Le sort des ouvrages abandonnés est brutal. La majorité des casemates et des blocs ont leurs cuirassements démantelés et envoyés à la ferraille, ils sont généralement vandalisés et pillés, notamment les câbles en cuivre, d’où le remblayage de certaines entrées. Certains ouvrages connaissent un destin encore plus étrange : certains restent encore occupés par l’armée, notamment l’ouvrage du Hochwald en Alsace qui abrite aujourd’hui une des plus importantes bases radar en Europe. Un fort de la Seconde Guerre mondiale transformé en sentinelle numérique du XXIe siècle, sans que personne ne juge utile de couper le contrat d’électricité au passage.

Ce que renferme encore le Hackenberg

Le Hackenberg a évité le pire. Construit entre 1929 et 1935, il a été épargné par les combats de juin 1940, avant d’être réutilisé par les Allemands et de servir lors des combats de novembre 1944 contre les troupes américaines. Réparé au début de la guerre froide, c’est désormais un musée. L’association AMIFORT, une poignée de bénévoles obstinés, en a pris possession en 1975 et a entrepris de le remettre en état. Résultat, inattendu : une grande partie des installations originales a survécu.

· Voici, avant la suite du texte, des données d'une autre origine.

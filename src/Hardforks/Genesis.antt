-- ===== src/Hardforks/Genesis.antt =====
-- `DogeosHardforkInfo` of crates/dogeos-chainspec/src/genesis.rs: the fork times of a genesis
-- document, their validation, and the activation schedule. Reading the JSON is serde's part.
use dogeos_reth.Prelude.{
  ℕ, ◌≡◌, Bool, true, false, Option, none, some, List, [], ◌∷◌, Result, ok, err, ltb, if◌then◌else◌,
  arith,
}
use dogeos_reth.Hardforks.Schedule.{new, dogeos_fork_activation}
use dogeos_reth.Hardforks.{
  DogeosHardfork, feynman, galileo, galileo_v2, tsuki, tsuki_v2, ForkConditions, Activation,
  is_tsuki_active_at_timestamp, is_tsuki_v2_active_at_timestamp,
}

pub record DogeosHardforkInfo : Type 0 where
  pub feynman_time : Option ℕ
  pub galileo_time : Option ℕ
  pub galileo_v2_time : Option ℕ
  pub tsuki_time : Option ℕ
  pub tsuki_v2_time : Option ℕ

pub data GenesisError : Type 0 where
  tsuki_v2_required tsuki_required tsuki_v2_early retired_tsuki_fee_params_time : GenesisError
  malformed : GenesisError

abbrev check_times :
    Option ℕ → Option ℕ → DogeosHardforkInfo → Result GenesisError DogeosHardforkInfo
check_times (some _) none info = err tsuki_v2_required
check_times none (some _) info = err tsuki_required
check_times (some t) (some v2) info = if ltb v2 t then err tsuki_v2_early else ok info
check_times none none info = ok info

unfoldable pub validate : DogeosHardforkInfo → Result GenesisError DogeosHardforkInfo
validate info = check_times info.tsuki_time info.tsuki_v2_time info

-- `TryFrom<&OtherFields>`: `retired` tells whether the retired key is there, `parsed` is what serde
-- reads from the fields.
unfoldable pub try_from_fields :
    Bool → Option DogeosHardforkInfo → Result GenesisError DogeosHardforkInfo
unfolding validate
try_from_fields true parsed = err retired_tsuki_fee_params_time
try_from_fields false none = err malformed
try_from_fields false (some info) = validate info

module _ (f : ForkConditions) where
  open f use {ForkCondition, timestamp, never, timestamp_active, never_active}

  abbrev condition : Option ℕ → ForkCondition
  condition none = never
  condition (some t) = timestamp t

  unfoldable pub activation_schedule : DogeosHardforkInfo → List (DogeosHardfork × ForkCondition)
  activation_schedule info =
      (feynman, condition info.feynman_time)
      ∷ (galileo, condition info.galileo_time)
      ∷ (galileo_v2, condition info.galileo_v2_time)
      ∷ (tsuki, condition info.tsuki_time)
      ∷ (tsuki_v2, condition info.tsuki_v2_time)
      ∷ []

  -- The activation that the schedule of a document has.
  unfoldable pub scheduled :
      (ForkCondition → ForkCondition → Bool) → DogeosHardforkInfo → Activation f
  unfolding activation_schedule new dogeos_fork_activation
  scheduled cond_lt info = dogeos_fork_activation f (new f cond_lt (activation_schedule info))

  ordered_times :
      (t v2 : Option ℕ) (info checked : DogeosHardforkInfo) (now : ℕ)
      → check_times t v2 info ≡ ok checked
      → f.active_at_timestamp (condition v2) now ≡ true
      → f.active_at_timestamp (condition t) now ≡ true
  ordered_times none none info checked now h active = active
  ordered_times none (some v2) info checked now h active = cc
  ordered_times (some t) none info checked now h active = cc
  ordered_times (some t) (some v2) info checked now h active =
      ground (arith, timestamp_active t now, timestamp_active v2 now)

  -- Under the schedule of a document that passes validation, TsukiV2 is never active without Tsuki.
  pub tsuki_v2_implies_tsuki :
      (cond_lt : ForkCondition → ForkCondition → Bool) (retired : Bool)
      (parsed : Option DogeosHardforkInfo) {info : DogeosHardforkInfo} (now : ℕ)
      → try_from_fields retired parsed ≡ ok info
      → is_tsuki_v2_active_at_timestamp f (scheduled cond_lt info) now ≡ true
      → is_tsuki_active_at_timestamp f (scheduled cond_lt info) now ≡ true
  unfolding try_from_fields scheduled
  tsuki_v2_implies_tsuki cond_lt true parsed now h active = cc
  tsuki_v2_implies_tsuki cond_lt false none now h active = cc
  tsuki_v2_implies_tsuki cond_lt false (some doc) {info} now h active =
      let same : doc ≡ info = ground arith in
      ordered_times info.tsuki_time info.tsuki_v2_time info info now (rw same at h) active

Dans un univers souterrain, les installations d’époque sont présentées en état de marche, du magasin à munitions à la centrale électrique, en passant par la caserne avec ses cuisines et son infirmerie reconstituées à l’identique. Une sortie sur les dessus de l’ouvrage permet d’observer une tourelle en fonctionnement. Cette tourelle de 75 mm qui pivote encore, huit décennies après avoir été conçue pour repousser une Wehrmacht qui ne viendra jamais de ce côté-là.

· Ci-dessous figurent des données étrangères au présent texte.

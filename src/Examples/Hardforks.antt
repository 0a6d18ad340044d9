-- ===== src/Examples/Hardforks.antt =====
-- The schedules on concrete documents.
use dogeos_reth.Prelude.{ℕ, ◌≡◌, ◌≤◌, refl, true, false, Bool, Option, some, List, [], ◌∷◌}
use dogeos_reth.Hardforks.{
  DogeosHardfork, feynman, galileo, galileo_v2, tsuki, tsuki_v2, is_tsuki_active_at_timestamp,
}
use dogeos_reth.Hardforks.Schedule.{new, dogeos_fork_activation}
use dogeos_reth.Hardforks.Schedule.Lookup.{dogeos_fork_activation-new, entry_of}
use dogeos_reth.Hardforks.Genesis.{
  DogeosHardforkInfo, try_from_fields, scheduled, tsuki_v2_implies_tsuki,
}
use dogeos_reth.Hardforks.SpecId.{Stays, spec_rank, spec_id_at_timestamp_and_number, spec_id_mono}
use dogeos_reth.Examples.{forks, activation}

abbrev info : DogeosHardforkInfo
info = record {
  feynman_time = some 0;
  galileo_time = some 5;
  galileo_v2_time = some 5;
  tsuki_time = some 10;
  tsuki_v2_time = some 20;
}

abbrev cond_lt : Option ℕ → Option ℕ → Bool
cond_lt a b = false

tsuki_v2_implies_tsuki_example :
    is_tsuki_active_at_timestamp forks (scheduled forks cond_lt info) 25 ≡ true
unfolding try_from_fields scheduled
tsuki_v2_implies_tsuki_example = tsuki_v2_implies_tsuki forks cond_lt false (some info) 25 refl refl

abbrev unordered : List (DogeosHardfork × Option ℕ)
unordered = (tsuki, some 10) ∷ (feynman, some 0) ∷ (galileo, some 5) ∷ []

dogeos_fork_activation-new_example :
    dogeos_fork_activation forks (new forks cond_lt unordered) galileo ≡ some 5
unfolding entry_of
dogeos_fork_activation-new_example =
    dogeos_fork_activation-new forks cond_lt unordered galileo (refl, (refl, (refl, tt)))

stays : Stays forks activation 15 1 25 2
stays feynman h = refl
stays galileo h = refl
stays galileo_v2 h = refl
stays tsuki h = refl
stays tsuki_v2 h = cc

spec_id_mono_example :
    spec_rank (spec_id_at_timestamp_and_number forks 15 1 activation)
    ≤ spec_rank (spec_id_at_timestamp_and_number forks 25 2 activation)
spec_id_mono_example = spec_id_mono forks activation 15 1 25 2 stays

La visite, guidée, se fait en partie à travers 10 km de galeries souterraines, à bord du métro du Hackenberg, ce train d’époque qui transporte d’un bloc de combat à un autre. La puissance de tir était d’une tonne d’obus à la minute dans un rayon de plus de douze kilomètres. L’imposante tourelle de 75 est un équipement incontournable de l’ouvrage. Avec ses 265 tonnes, c’est le plus gros modèle de tourelle de la ligne Maginot. On mesure mal, depuis la surface, ce que représente une telle masse de métal vissée sous la colline.

Des forts qui dorment encore, anonymes

Le Hackenberg est le cas médiatisé, le survivant qui s’en est sorti grâce à des passionnés. Mais il est loin d’être seul. En Moselle, en Alsace, en Lorraine, les blockhaus parsèment encore les forêts de l’est de la France. Certains ont été restaurés. D’autres restent murés, leurs galeries noyées sous des décennies d’infiltrations, leur matériel rouillé sur place.

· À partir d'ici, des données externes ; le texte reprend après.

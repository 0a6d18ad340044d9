-- ===== src/Payload/GasLimit.antt =====
-- `next_block_gas_limit` of crates/dogeos-reth-payload/src/builder.rs. `none` is the panic of `clamp`
-- on bounds that are out of order.
use dogeos_reth.Prelude.{
  ℕ, ◌-◌, ◌/◌, ◌≤◌, ◌≡◌, Option, none, some, refl, ok, ltb, if◌then◌else◌, arith, sat_add64,
  u64_max,
}
use dogeos_reth.Consensus.{SharedRules}
use dogeos_reth.Consensus.GasLimit.{validate_gas_limit_against_parent}

-- `Ord::clamp`
abbrev clamp : ℕ → ℕ → ℕ → Option ℕ
clamp x low high =
    if ltb high low then none else some (if ltb x low then low else if ltb high x then high else x)

module _ {X : Type 0} (rules : SharedRules X) where
  abbrev toward_target : Option ℕ → ℕ → Option ℕ
  toward_target none parent = some parent
  toward_target (some target) parent =
      let step = parent / rules.gas_limit_bound_divisor in
      clamp target (parent - step) (sat_add64 parent step)

  unfoldable pub next_block_gas_limit : Option ℕ → Option ℕ → ℕ → Option ℕ
  next_block_gas_limit (some gas_limit) target parent = some gas_limit
  next_block_gas_limit none target parent = toward_target target parent

  -- Without a gas limit in the attributes, from a parent's and a target that are not below the
  -- minimum, the builder selects a gas limit, without a panic, that the consensus check accepts
  -- against the parent.
  pub next_block_gas_limit_accepted :
      (target : Option ℕ) (parent : ℕ)
      → parent ≤ u64_max
      → rules.minimum_gas_limit ≤ parent
      → ((t : ℕ) → target ≡ some t → rules.minimum_gas_limit ≤ t)
      → (selected : ℕ) × (next_block_gas_limit none target parent ≡ some selected)
        × (validate_gas_limit_against_parent rules selected parent ≡ ok tt)
  unfolding next_block_gas_limit validate_gas_limit_against_parent
  next_block_gas_limit_accepted none parent fits big targets = (parent, ground arith, ground arith)
  next_block_gas_limit_accepted (some target) parent fits big targets =
      let step = parent / rules.gas_limit_bound_divisor in
      let low = parent - step in
      let high = sat_add64 parent step in
      let big_target = targets target refl in
      (
        if ltb target low then low else if ltb high target then high else target,
        ground arith,
        ground arith,
      )
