-- ===== src/Payload/Execute.antt =====
-- `execute_with_code_budget`, `code_witness_commit` and the code-budget results of
-- crates/dogeos-reth-payload/src/builder.rs. reth's block builder is a parameter: what executing a
-- transaction shows the inspector, and the gas and the builder after a commit, or the error.
use dogeos_reth.Prelude.{
  ℕ, Bool, not, Option, none, some, List, Result, ok, err, if◌then◌else◌, is_some,
}
use dogeos_reth.CodeWitness.{Meter, begin_transaction, accept_transaction, reject_transaction}
use dogeos_reth.CodeWitness.Inspector.{Hook, run_hooks}
use dogeos_reth.CodeWitness.Budget.{inspector}

-- `BlockExecutionError`: an invalid transaction, whose nonce may be too low, or another failure.
pub data BlockExecutionError (X : Type 0) : Type 0 where
  invalid_tx : Bool → BlockExecutionError X
  fatal : X → BlockExecutionError X

pub data ScrollPayloadBuilderError (X : Type 0) : Type 0 where
  transaction_ec_recover_failed blob_transaction_rejected : ScrollPayloadBuilderError X
  block_gas_limit_exceeded_by_forced_transactions : List ℕ → ℕ → ScrollPayloadBuilderError X
  block_da_limit_exceeded_by_forced_transactions : ℕ → ℕ → ScrollPayloadBuilderError X
  block_code_limit_exceeded_by_forced_transactions : ℕ → ScrollPayloadBuilderError X
  block_code_limit_exceeded_by_system_execution : ℕ → ScrollPayloadBuilderError X
  evm : BlockExecutionError X → ScrollPayloadBuilderError X
  -- a forced transaction that does not decode
  decoding : ScrollPayloadBuilderError X
  -- reth's own errors: before the first and at the last step of a build
  internal : X → ScrollPayloadBuilderError X
  -- not an error of the source: a panic of an `expect` or of `clamp`
  panicked : ScrollPayloadBuilderError X

pub record Attempt (X B : Type 0) : Type 0 where
  pub hooks : List Hook
  pub outcome : Result (BlockExecutionError X) (ℕ × B)

-- The builder stops the interpreter by the meter, so executing reads it.
abbrev pub Executor : Type 0 → Type 0 → Type 0 → Type 0
Executor X B T = B → T → Meter → Attempt X B

-- `CommitChanges::Yes` is true.
unfoldable pub code_witness_commit : Meter → Bool
code_witness_commit m = not (is_some m.exceeded)

pub record Executed (X B : Type 0) : Type 0 where
  pub builder : B
  pub meter : Meter
  pub outcome : Result (BlockExecutionError X) (Option ℕ)

module _ {X B T : Type 0} (executor : Executor X B T) where
  -- The end of an attempt: commit and accept, or leave the builder and reject.
  unfoldable pub settle : B → Meter → Result (BlockExecutionError X) (ℕ × B) → Executed X B
  unfolding code_witness_commit accept_transaction reject_transaction
  settle b m (err e) = record { builder = b; meter = reject_transaction m; outcome = err e }
  settle b m (ok (gas_used, b')) =
      if code_witness_commit m
      then record { builder = b'; meter = (accept_transaction m).0; outcome = ok (some gas_used) }
      else record { builder = b; meter = reject_transaction m; outcome = ok none }

  unfoldable pub execute_with_code_budget : B → T → Meter → Executed X B
  unfolding settle begin_transaction
  execute_with_code_budget b tx m =
      let begun = begin_transaction m in
      let attempt = executor b tx begun in
      settle b (run_hooks attempt.hooks (inspector begun)).meter attempt.outcome

-- Forced inputs may not be dropped for their code.
unfoldable pub forced_code_budget_result :
    {X : Type 0} → Option ℕ → ℕ → Result (ScrollPayloadBuilderError X) ℕ
forced_code_budget_result none limit = err (block_code_limit_exceeded_by_forced_transactions limit)
forced_code_budget_result (some gas_used) limit = ok gas_used

unfoldable pub accept_system_code_budget :
    {X : Type 0} → Meter → ℕ → Result (ScrollPayloadBuilderError X) Meter
unfolding accept_transaction
accept_system_code_budget m limit =
    let (m', accepted) = accept_transaction m in
    if accepted then ok m' else err (block_code_limit_exceeded_by_system_execution limit)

En Alsace, l’ouvrage du Simserhof offre un autre exemple saisissant. À 25 mètres sous terre, les installations ultra-modernes du fort gardien du plateau de Rohrbach restent à découvrir. Chambrées, cuisines, infirmerie, usine électrique, ateliers ou magasins à munitions présents dans les vastes galeries y sont encore absolument intacts. Le Four-à-Chaux de Lembach, en Alsace du Nord, est dans le même cas : la plupart des installations d’origine sont toujours en place.

Plus de 15 000 constructions militaires parsèment encore les frontières françaises. Contrairement à une idée reçue tenace, la majorité des constructions de la ligne Maginot ne sont plus propriété de l’armée française. Certains ont été acquis par des associations d’amateurs qui les ont restaurés et les ont ouverts au public. D’autres changent de mains comme de simples biens immobiliers, achetés par des particuliers qui découvrent, en ouvrant la porte de rouille, que la salle des machines est encore là. Personne n’a jugé utile d’emporter les canons.